START Listed entries
-- ===== src/Node/Served.antt =====
-- The node in memory as remote calls see it: AdminRPC and PublicRPC of nodes/ram/ramnode.go.
pub mod Keeps
mod Runs
pub mod Tables
pub mod WellFormed
pub mod Reachable
use ratnet.Prelude.{ℕ, suc, Bool, Option, some, List, Bytes}
use ratnet.Go.{Outcome, Action, pure, ◌>>=◌}
use ratnet.Wire.Value.{PubKey, KeyCodec}
use ratnet.Router.Recent.{RecentBuffer}
use ratnet.Router.Route.{Settings}
use ratnet.Node.{Crypto, World, Node}
use ratnet.Node.Admin.{
  cid, id, get_contact, get_contacts, add_contact, delete_contact, get_channel, get_channels,
  add_channel, delete_channel,
}
use ratnet.Node.Profiles.{
  get_profile, get_profiles, add_profile, delete_profile, load_profile, get_peer, get_peers,
  add_peer, delete_peer,
}
use ratnet.Node.Sending.{send, send_channel}
use ratnet.Node.Receiving.{dropoff, pickup}
use ratnet.Rpc.{NodeApi}

module _ {Pub Priv : Type 0} where
  -- An operation that does not use the router.
  unfoldable pub on_node :
      {A : Type 0} → Action (Node Pub Priv) A → Action (RecentBuffer × Node Pub Priv) A
  on_node act (recent, node) = let (o, node') = act node in (o, (recent, node'))

  -- What is found is a pointer that is not nil.
  unfoldable pub present :
      {A : Type 0} → Action (Node Pub Priv) A → Action (RecentBuffer × Node Pub Priv) (Option A)
  unfolding on_node
  present act = on_node (act >>= λ a. pure (some a))

  -- `GenerateKey` asks the random source for a key.
  unfoldable pub add_profile_now :
      Crypto Pub Priv → (ℕ → Priv) → Bytes → Bool → Action (Node Pub Priv) Unit
  unfolding add_profile
  add_profile_now crypto generate name enabled node =
      add_profile crypto (generate node.ticks) name enabled (record node { ticks = suc node.ticks })

-- `is_nil` is the test of a key against the nil key, and `generate` makes the keys of new profiles.
module _ {Priv Ecc Rsa : Type 0} (crypto : Crypto (PubKey Ecc Rsa) Priv) (world : World)
    (codec : KeyCodec Ecc Rsa) (is_nil : PubKey Ecc Rsa → Bool) (generate : ℕ → Priv)
    (r : Settings) where
  abbrev pub State : Type 0
  State = RecentBuffer × Node (PubKey Ecc Rsa) Priv

  unfoldable pub served : NodeApi State Ecc Rsa
  unfolding on_node present add_profile_now cid id get_contact get_contacts add_contact
      delete_contact get_channel get_channels add_channel delete_channel get_profile get_profiles
      delete_profile load_profile get_peer get_peers add_peer delete_peer send send_channel dropoff
      pickup
  served = record {
    nil_key = is_nil;
    id = on_node (id crypto);
    dropoff = dropoff crypto world codec r;
    pickup =
        λ key last max_bytes names. on_node (pickup crypto world codec key last max_bytes names);
    cid = on_node (cid crypto);
    get_contact = λ name. present (get_contact crypto name);
    get_contacts = on_node (get_contacts crypto);
    add_contact = λ name key. on_node (add_contact crypto name key);
    delete_contact = λ name. on_node (delete_contact crypto name);
    get_channel = λ name. present (get_channel crypto name);
    get_channels = on_node (get_channels crypto);
    add_channel = λ name key. on_node (add_channel crypto name key);
    delete_channel = λ name. on_node (delete_channel crypto name);
    get_profile = λ name. present (get_profile crypto name);
    get_profiles = on_node (get_profiles crypto);
    add_profile = λ name enabled. on_node (add_profile_now crypto generate name enabled);
    delete_profile = λ name. on_node (delete_profile crypto name);
    load_profile = λ name. present (load_profile crypto name);
    get_peer = λ name. present (get_peer crypto name);
    get_peers = λ group. on_node (get_peers crypto group);
    add_peer = λ name enabled uri group. on_node (add_peer crypto name enabled uri group);
    delete_peer = λ name. on_node (delete_peer crypto name);
    send = λ name content key. on_node (send crypto world name content key);
    send_channel = λ name content key. on_node (send_channel crypto world name content key);
  }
END Listed entries
What to do: Restate the records from above exactly as they read.

Written response:
-- ===== src/Node/Served.antt =====
-- The node in memory as remote calls see it: AdminRPC and PublicRPC of nodes/ram/ramnode.go.
pub mod Keeps
mod Runs
pub mod Tables
pub mod WellFormed
pub mod Reachable
use ratnet.Prelude.{ℕ, suc, Bool, Option, some, List, Bytes}
use ratnet.Go.{Outcome, Action, pure, ◌>>=◌}
use ratnet.Wire.Value.{PubKey, KeyCodec}
use ratnet.Router.Recent.{RecentBuffer}
use ratnet.Router.Route.{Settings}
use ratnet.Node.{Crypto, World, Node}
use ratnet.Node.Admin.{
  cid, id, get_contact, get_contacts, add_contact, delete_contact, get_channel, get_channels,
  add_channel, delete_channel,
}
use ratnet.Node.Profiles.{
  get_profile, get_profiles, add_profile, delete_profile, load_profile, get_peer, get_peers,
  add_peer, delete_peer,
}
use ratnet.Node.Sending.{send, send_channel}
use ratnet.Node.Receiving.{dropoff, pickup}
use ratnet.Rpc.{NodeApi}

module _ {Pub Priv : Type 0} where
  -- An operation that does not use the router.
  unfoldable pub on_node :
      {A : Type 0} → Action (Node Pub Priv) A → Action (RecentBuffer × Node Pub Priv) A
  on_node act (recent, node) = let (o, node') = act node in (o, (recent, node'))

  -- What is found is a pointer that is not nil.
  unfoldable pub present :
      {A : Type 0} → Action (Node Pub Priv) A → Action (RecentBuffer × Node Pub Priv) (Option A)
  unfolding on_node
  present act = on_node (act >>= λ a. pure (some a))

  -- `GenerateKey` asks the random source for a key.
  unfoldable pub add_profile_now :
      Crypto Pub Priv → (ℕ → Priv) → Bytes → Bool → Action (Node Pub Priv) Unit
  unfolding add_profile
  add_profile_now crypto generate name enabled node =
      add_profile crypto (generate node.ticks) name enabled (record node { ticks = suc node.ticks })

-- `is_nil` is the test of a key against the nil key, and `generate` makes the keys of new profiles.
module _ {Priv Ecc Rsa : Type 0} (crypto : Crypto (PubKey Ecc Rsa) Priv) (world : World)
    (codec : KeyCodec Ecc Rsa) (is_nil : PubKey Ecc Rsa → Bool) (generate : ℕ → Priv)
    (r : Settings) where
  abbrev pub State : Type 0
  State = RecentBuffer × Node (PubKey Ecc Rsa) Priv

  unfoldable pub served : NodeApi State Ecc Rsa
  unfolding on_node present add_profile_now cid id get_contact get_contacts add_contact
      delete_contact get_channel get_channels add_channel delete_channel get_profile get_profiles
      delete_profile load_profile get_peer get_peers add_peer delete_peer send send_channel dropoff
      pickup
  served = record {
    nil_key = is_nil;
    id = on_node (id crypto);
    dropoff = dropoff crypto world codec r;
    pickup =
        λ key last max_bytes names. on_node (pickup crypto world codec key last max_bytes names);
    cid = on_node (cid crypto);
    get_contact = λ name. present (get_contact crypto name);
    get_contacts = on_node (get_contacts crypto);
    add_contact = λ name key. on_node (add_contact crypto name key);
    delete_contact = λ name. on_node (delete_contact crypto name);
    get_channel = λ name. present (get_channel crypto name);
    get_channels = on_node (get_channels crypto);
    add_channel = λ name key. on_node (add_channel crypto name key);
    delete_channel = λ name. on_node (delete_channel crypto name);
    get_profile = λ name. present (get_profile crypto name);
    get_profiles = on_node (get_profiles crypto);
    add_profile = λ name enabled. on_node (add_profile_now crypto generate name enabled);
    delete_profile = λ name. on_node (delete_profile crypto name);
    load_profile = λ name. present (load_profile crypto name);
    get_peer = λ name. present (get_peer crypto name);
    get_peers = λ group. on_node (get_peers crypto group);
    add_peer = λ name enabled uri group. on_node (add_peer crypto name enabled uri group);
    delete_peer = λ name. on_node (delete_peer crypto name);
    send = λ name content key. on_node (send crypto world name content key);
    send_channel = λ name content key. on_node (send_channel crypto world name content key);
  }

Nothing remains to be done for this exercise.